# Thermoflex Plus Neon Colors will NOT LAYER



## bern (Feb 14, 2007)

I need some help , in the Christmas rush I completed a two layer thermoflex plus design . The bottom layer was neon yellow with red applied on top . Seemed to press just like normal . Today I did a search on Ebay of thermoflex plus and came across this listing item number 260333268502 . In one of the photos for the add you can see that it states that neon colors for thermoflex plus will *NOT* *layer* . So what I am asking is what will happen to the shirt ? , will the thermoflex come off in the wash or is there a chance it will be OK . I was totally unaware of this until today . It is not a big deal as I can offer a refund for the shirt I have done , just so glad I have only done one shirt with this method . Tried to call my supplier for Thermoflex Plus to ask his advice but I think he is on Holidays 

Thanks for your Input and have a great Christmas break


----------



## theflowerboxx (Mar 26, 2007)

Call Specialty Materials - contact-us They are the manufacturer. BTW, I have heard you could not layer neon colors but I've never personally tried it.


----------



## MotoskinGraphix (Apr 28, 2006)

I have never tried layering the neons either on top of eachother or using regular colors as a base or overlay.


----------



## LogoDaddy (Sep 26, 2007)

it says on the instructions (i think) that they do not layer. there is something different with the adhesive with the neons!


----------



## MotoskinGraphix (Apr 28, 2006)

Specialty materials says...via a simple phone call.

You cant layer a neon color on another neon color.

You can layer a neon color on top of a regular color.


----------



## T-Shirt Lady (Dec 18, 2008)

I recently did hoodies for a high school band. I was using neon green on black hoodies. When I pressed it, you could see the black right through it. Desparate, I cut and applied another layer right on top of the first. When I got it hot enough (I had to use a household iron because of the placement), it seemed to stick just fine.

I haven't had any response on how it held up, but you might offer to discount the item(s) if they don't wash well.

The other thing you might try is to put a test sample on an extra shirt and do a wash test.

Good luck.


----------



## allhamps (Mar 15, 2007)

MotoskinGraphix said:


> Specialty materials says...via a simple phone call.
> 
> You cant layer a neon color on another neon color.
> 
> You can layer a neon color on top of a regular color.


 
Can you layer another color on top of the neon?

By the way, thanks to all of you. I had no idea neon was not good for layering. I'm pasting this post in my DUH!!! book for future reference, since I'm still learning


----------



## theflowerboxx (Mar 26, 2007)

allhamps said:


> Can you layer another color on top of the neon?
> 
> By the way, thanks to all of you. I had no idea neon was not good for layering. I'm pasting this post in my DUH!!! book for future reference, since I'm still learning


 Slick give 'em a quick call and see what they say. I provided the contact info above.


----------



## bern (Feb 14, 2007)

MotoskinGraphix said:


> Specialty materials says...via a simple phone call.
> 
> You cant layer a neon color on another neon color.
> 
> You can layer a neon color on top of a regular color.

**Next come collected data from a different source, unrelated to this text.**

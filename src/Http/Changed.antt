-- ===== src/Http/Changed.antt =====
-- Which rows of the credential table the routes of pairing_api.py change, and whose token they take.
use Prim.Native.String as Text
use goffy_os.Prelude.{
  ℕ, String, ◌≡◌, ◌≢◌, ◌⊎◌, refl, ◌∙◌, inl, inr, Bool, true, false, Option, none, some, [], ◌∷◌,
  map, arith, Bool-cases, Option-cases, nat_eq, nat_beq_iff,
}
use goffy_os.Prelude.Result.{ok, Result-cases}
use goffy_os.Protocol.{Uuid}
use goffy_os.Approval.{Bytes, Crypto}
use goffy_os.Credentials.{
  Platform, Table, PairedCredential, has_id, set_revoked, revoke, set_digest, token_digest,
  replace_digest, rotate, is_active, authenticate, token_digest,
}
use goffy_os.Credentials.Revocation.{is_active-revoke}
use goffy_os.Auth.Principal.{AuthenticatedPrincipal}
use goffy_os.Auth.Authenticator.{
  authenticate_header, authenticate_token, authenticate_paired, paired_principal,
  bootstrap_principal,
}
use goffy_os.Http.{
  Hub, ApiRequest, Net, authenticate_request, authenticator_of, require_audit_ready, audit,
  revoke_live_access,
}
use goffy_os.Http.PairingRequests.{Redemptions, Env, bearer_token}
use goffy_os.Http.PairingRoutes.{
  revoke_audited, perform_revocation, revoke_stored, rotate_audited, perform_rotation,
  rotate_stored, found_or,
}

-- Both tables have the same IDs in the same order, and all rows but those of `id` are the same.
abbrev pub DiffersOnlyAt : Uuid → Table → Table → Type 0
DiffersOnlyAt id [] [] = Unit
DiffersOnlyAt id (r ∷ t) [] = ⊥
DiffersOnlyAt id [] (r ∷ t) = ⊥
DiffersOnlyAt id (r ∷ t) (r' ∷ t') =
    (r'.credential_id ≡ r.credential_id)
    × ((r' ≡ r) ⊎ (r.credential_id ≡ id))
    × DiffersOnlyAt id t t'

same-DiffersOnlyAt : (id : Uuid) (t : Table) → DiffersOnlyAt id t t
same-DiffersOnlyAt id [] = tt
same-DiffersOnlyAt id (r ∷ t) = (refl, inl refl, same-DiffersOnlyAt id t)

module _ (p : Platform) where
  set_revoked-DiffersOnlyAt :
      (id : Uuid) (stamp : String) (t : Table) → DiffersOnlyAt id t (map (set_revoked p id stamp) t)
  unfolding set_revoked
  set_revoked-DiffersOnlyAt id stamp [] = tt
  set_revoked-DiffersOnlyAt id stamp (r ∷ t) = elim (Bool-cases (has_id id r)) [
    | inl own ↦ (
      ground arith,
      inr (ground (arith, nat_beq_iff r.credential_id id)),
      set_revoked-DiffersOnlyAt id stamp t,
    )
    | inr other ↦ (ground arith, inl (ground arith), set_revoked-DiffersOnlyAt id stamp t)
  ]

  set_digest-DiffersOnlyAt :
      (id : Uuid) (old new : Bytes) (t : Table)
      → DiffersOnlyAt id t (map (set_digest p id old new) t)
  unfolding set_digest
  set_digest-DiffersOnlyAt id old new [] = tt
  set_digest-DiffersOnlyAt id old new (r ∷ t) = elim (Bool-cases (has_id id r)) [
    | inl own ↦ (
      ground arith,
      inr (ground (arith, nat_beq_iff r.credential_id id)),
      set_digest-DiffersOnlyAt id old new t,
    )
    | inr other ↦ (ground arith, inl (ground arith), set_digest-DiffersOnlyAt id old new t)
  ]

  revoke-DiffersOnlyAt :
      (reachable : Bool) (now : ℕ) (id : Uuid) (t : Table)
      → DiffersOnlyAt id t (revoke p reachable now id t).0
  unfolding revoke
  revoke-DiffersOnlyAt reachable now id t =
      ground (arith, same-DiffersOnlyAt id t, set_revoked-DiffersOnlyAt id (p.iso now) t)

  -- A revocation that changes the table leaves the credential inactive.
  revoke-inactive :
      (reachable : Bool) (now : ℕ) (id : Uuid) (t : Table)
      → (revoke p reachable now id t).0 ≢ t
      → is_active true id (revoke p reachable now id t).0 ≡ ok false
  revoke-inactive true now id t changed = is_active-revoke p now id t
  revoke-inactive false now id t changed = absurd (changed (unfold revoke in refl))

  rotate-DiffersOnlyAt :
      (reachable : Bool) (now : ℕ) (new_token : String) (id : Uuid) (token : String) (t : Table)
      → DiffersOnlyAt id t (rotate p reachable now new_token id token t).0
  unfolding rotate replace_digest
  rotate-DiffersOnlyAt reachable now new_token id token t = ground (
    arith,
    same-DiffersOnlyAt id t,
    set_digest-DiffersOnlyAt id (token_digest p token) (token_digest p new_token) t,
  )

module _ (c : Crypto) (p : Platform) (net : Net) where
  -- The bearer token of a request opens the row of a credential.
  pub record HasTokenOf (reachable : Bool) (r : ApiRequest) (h : Hub) (id : Uuid) : Type 0 where
    pub token : String
    pub given : bearer_token r ≡ some token
    pub credential : PairedCredential
    pub opens : authenticate p reachable token h.table ≡ ok (some credential)
    pub is_own : credential.credential_id ≡ id

  pub known-HasTokenOf :
      (reachable : Bool) (r : ApiRequest) (h : Hub) (principal : AuthenticatedPrincipal) (id : Uuid)
      → (authenticate_request c p net reachable r h).1 ≡ ok (some principal)
      → principal.credential_id ≡ some id
      → HasTokenOf reachable r h id
  unfolding authenticate_request authenticate_header authenticate_token authenticate_paired
      paired_principal bootstrap_principal authenticator_of bearer_token
  known-HasTokenOf reachable r h principal id known own = elim (Option-cases r.authorization) [
    | inl missing ↦ absurd (ground arith)
    | inr (header, given) ↦
        let token = Text.slice header 7 (Text.len header) in
        elim (Result-cases (authenticate p reachable token h.table)) [
          | inr (e, bad) ↦ absurd (ground arith)
          | inl (found, good) ↦ opened header given found good
        ]
  ]
    where
      opened :
          (header : String)
          → r.authorization ≡ some header
          → (found : Option PairedCredential)
          → authenticate p reachable (Text.slice header 7 (Text.len header)) h.table ≡ ok found
          → HasTokenOf reachable r h id
      opened header given none good = absurd (ground arith)
      opened header given (some credential) good = record {
        token = Text.slice header 7 (Text.len header);
        given = ground arith;
        credential = credential;
        opens = good;
        is_own = ground arith;
      }

  module _ (rs : Redemptions) (env : Env) where
    revoke_audited-table :
        (requested performed : String) (principal : AuthenticatedPrincipal) (id : Uuid)
        (otherwise : ℕ × String × String) (h : Hub)
        → let t' =
            (revoke_audited c p net rs env requested performed principal id otherwise h).0.table in
          t' ≢ h.table → t' ≡ (revoke p env.store_reachable env.now id h.table).0
    unfolding revoke_audited perform_revocation revoke_stored found_or revoke_live_access
        require_audit_ready audit
    revoke_audited-table requested performed principal id otherwise h changed = ground arith

    rotate_audited-table :
        (r : ApiRequest) (principal : AuthenticatedPrincipal) (id : Uuid) (token : String) (h : Hub)
        → bearer_token r ≡ some token
        → let t' = (rotate_audited c p net rs env r (principal, id) h).0.table in
          t' ≢ h.table
          → t' ≡ (rotate p env.store_reachable env.now env.drawn_token id token h.table).0
    unfolding rotate_audited perform_rotation rotate_stored found_or revoke_live_access
        require_audit_ready audit
    rotate_audited-table r principal id token h given changed = ground arith

    -- What a revocation that changes the table does to it
    pub revoke_audited-DiffersOnlyAt :
        (requested performed : String) (principal : AuthenticatedPrincipal) (id : Uuid)
        (otherwise : ℕ × String × String) (h : Hub)
        → let t' =
            (revoke_audited c p net rs env requested performed principal id otherwise h).0.table in
          t' ≢ h.table → DiffersOnlyAt id h.table t' × (is_active true id t' ≡ ok false)
    revoke_audited-DiffersOnlyAt requested performed principal id otherwise h changed =
        let same = revoke_audited-table requested performed principal id otherwise h changed in
        (
          rw same (revoke-DiffersOnlyAt p env.store_reachable env.now id h.table),
          rw same
              (revoke-inactive p env.store_reachable env.now id h.table (λ e. changed (same ∙ e))),
        )

    pub rotate_audited-DiffersOnlyAt :
        (r : ApiRequest) (principal : AuthenticatedPrincipal) (id : Uuid) (h : Hub)
        → HasTokenOf env.store_reachable r h id
        → let t' = (rotate_audited c p net rs env r (principal, id) h).0.table in
          t' ≢ h.table → DiffersOnlyAt id h.table t'
    rotate_audited-DiffersOnlyAt r principal id h known changed =
        rw (rotate_audited-table r principal id known.token h known.given changed) (
          rotate-DiffersOnlyAt p env.store_reachable env.now env.drawn_token id known.token h.table)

Thanks for making that phonecall saves me trying to work out time zones and making an international call . When I went to bed last night there was no response to this posting , wake up this morning and look at all this information , I love this forum  Thanks everyone


----------



## bern (Feb 14, 2007)

T-Shirt Lady said:


> I recently did hoodies for a high school band. I was using neon green on black hoodies. When I pressed it, you could see the black right through it. Desparate, I cut and applied another layer right on top of the first. When I got it hot enough (I had to use a household iron because of the placement), it seemed to stick just fine.
> 
> I haven't had any response on how it held up, but you might offer to discount the item(s) if they don't wash well.
> 
> ...


Good idea , today I will press the same layup neon yellow base with red over top on some scrap . Will let you all know what happens to it , I would rather find out before the customer


----------



## T-Shirt Lady (Dec 18, 2008)

bern said:


> Good idea , today I will press the same layup neon yellow base with red over top on some scrap . Will let you all know what happens to it , I would rather find out before the customer


I agree totally!

I'm not new to screen printing, but spanking new to the forum and already LOVE IT!! Thanks to all of you for your wisdom and willingness to share.


----------



## MotoskinGraphix (Apr 28, 2006)

allhamps said:


> Can you layer another color on top of the neon?
> 
> By the way, thanks to all of you. I had no idea neon was not good for layering. I'm pasting this post in my DUH!!! book for future reference, since I'm still learning


No, you cant use neon as the base color and layer a regular color on top. The regular color needs to be the base with neon on top per Specialty Materials.


----------



## bern (Feb 14, 2007)

MotoskinGraphix said:


> No, you cant use neon as the base color and layer a regular color on top. The regular color needs to be the base with neon on top per Specialty Materials.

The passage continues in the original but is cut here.